● Task requirements:
Return the data below exactly, but only from the line containing "exactly : Text → Pattern" through the line containing "drop_last-dot (c ∷ d", with both of those lines included.

(Collected data entries)

-- ===== src/Query/Filter/Namespace.antt =====
-- The namespace filter, against the three forms of a namespace in the query language.
use concat.Base.{
  ℕ, ◌≡◌, ◌≢◌, refl, ap, ◌==◌, Bool, true, Text, text_eq, nat_eq, codes, some, [], ◌∷◌, ◌++◌,
  Result, ok, ◌>>=◌, arith, has_prefix, last_byte, drop_last, drop_last_two,
}
use concat.Query.{Query}
use concat.Query.Statement.{Statement, header}
use concat.Query.Filter.{make_namespace_filter}

-- `FROM *`, `FROM prefix.*` and `FROM namespace`.
pub data Pattern : Type 0 where
  everything : Pattern
  family : Text → Pattern
  exactly : Text → Pattern

abbrev pub pattern_text : Pattern → Text
pattern_text everything = codes "*"
pattern_text (family p) = p ++ codes ".*"
pattern_text (exactly ns) = ns

-- A plain namespace is not empty and does not end in a star.
abbrev pub IsPattern : Pattern → Type 0
IsPattern everything = Unit
IsPattern (family p) = Unit
IsPattern (exactly ns) = (c : ℕ) × (last_byte ns ≡ some c) × (c ≢ b'*')

unfoldable pub matches_pattern : Pattern → Statement → Bool
matches_pattern everything s = true
matches_pattern (family p) s = has_prefix (header s).namespace p
matches_pattern (exactly ns) s = (header s).namespace == ns

last_byte-family : (p : Text) → last_byte (p ++ codes ".*") ≡ some b'*'
unfolding last_byte
last_byte-family [] = refl
last_byte-family (c ∷ []) = refl
last_byte-family (c ∷ d ∷ p) = last_byte-family (d ∷ p)

pub drop_last-family : (p : Text) → drop_last (p ++ codes ".*") ≡ some (p ++ codes ".")
unfolding drop_last
drop_last-family [] = refl
drop_last-family (c ∷ []) = refl
drop_last-family (c ∷ d ∷ p) = rw (drop_last-family (d ∷ p), drop_last)

pub drop_last-dot : (p : Text) → drop_last (p ++ codes ".") ≡ some p
unfolding drop_last
drop_last-dot [] = refl
drop_last-dot (c ∷ []) = refl
drop_last-dot (c ∷ d ∷ p) = rw (drop_last-dot (d ∷ p), drop_last)

pub family_not_star : (p : Text) → p ++ codes ".*" ≢ codes "*"
family_not_star [] e = ground arith
family_not_star (c ∷ []) e = ground arith
family_not_star (c ∷ d ∷ p) e = ground arith

plain_not_star : (ns : Text) (c : ℕ) → last_byte ns ≡ some c → c ≢ b'*' → ns ≢ codes "*"
unfolding last_byte
plain_not_star ns c l n e = ground (arith, ap last_byte e)

-- Making the namespace filter of a query and applying it.
abbrev pub run_namespace : Query → Statement → Result Bool
run_namespace q stmt = make_namespace_filter q >>= λ filter. filter stmt

-- The filter of a namespace in one of the three forms never fails or panics. It admits every
-- statement, those whose namespace begins with the prefix, or those of the one namespace.
pub run_namespace-matches_pattern :
    (q : Query) (pat : Pattern) (s : Statement)
    → IsPattern pat
    → q.namespace ≡ pattern_text pat
    → run_namespace q s ≡ ok (matches_pattern pat s)
unfolding make_namespace_filter matches_pattern drop_last_two
run_namespace-matches_pattern q everything s wf e = ground arith
run_namespace-matches_pattern q (family p) s wf e =
    rw e
      (ground (arith, family_not_star p, last_byte-family p, drop_last-family p, drop_last-dot p))
run_namespace-matches_pattern q (exactly ns) s (c, l, n) e =
    let plain = plain_not_star ns c l n in ground (arith, plain)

● Problem solution:
  exactly : Text → Pattern

abbrev pub pattern_text : Pattern → Text
pattern_text everything = codes "*"
pattern_text (family p) = p ++ codes ".*"
pattern_text (exactly ns) = ns

-- A plain namespace is not empty and does not end in a star.
abbrev pub IsPattern : Pattern → Type 0
IsPattern everything = Unit
IsPattern (family p) = Unit
IsPattern (exactly ns) = (c : ℕ) × (last_byte ns ≡ some c) × (c ≢ b'*')

unfoldable pub matches_pattern : Pattern → Statement → Bool
matches_pattern everything s = true
matches_pattern (family p) s = has_prefix (header s).namespace p
matches_pattern (exactly ns) s = (header s).namespace == ns

last_byte-family : (p : Text) → last_byte (p ++ codes ".*") ≡ some b'*'
unfolding last_byte
last_byte-family [] = refl
last_byte-family (c ∷ []) = refl
last_byte-family (c ∷ d ∷ p) = last_byte-family (d ∷ p)

pub drop_last-family : (p : Text) → drop_last (p ++ codes ".*") ≡ some (p ++ codes ".")
unfolding drop_last
drop_last-family [] = refl
drop_last-family (c ∷ []) = refl
drop_last-family (c ∷ d ∷ p) = rw (drop_last-family (d ∷ p), drop_last)

pub drop_last-dot : (p : Text) → drop_last (p ++ codes ".") ≡ some p
unfolding drop_last
drop_last-dot [] = refl
drop_last-dot (c ∷ []) = refl
drop_last-dot (c ∷ d ∷ p) = rw (drop_last-dot (d ∷ p), drop_last)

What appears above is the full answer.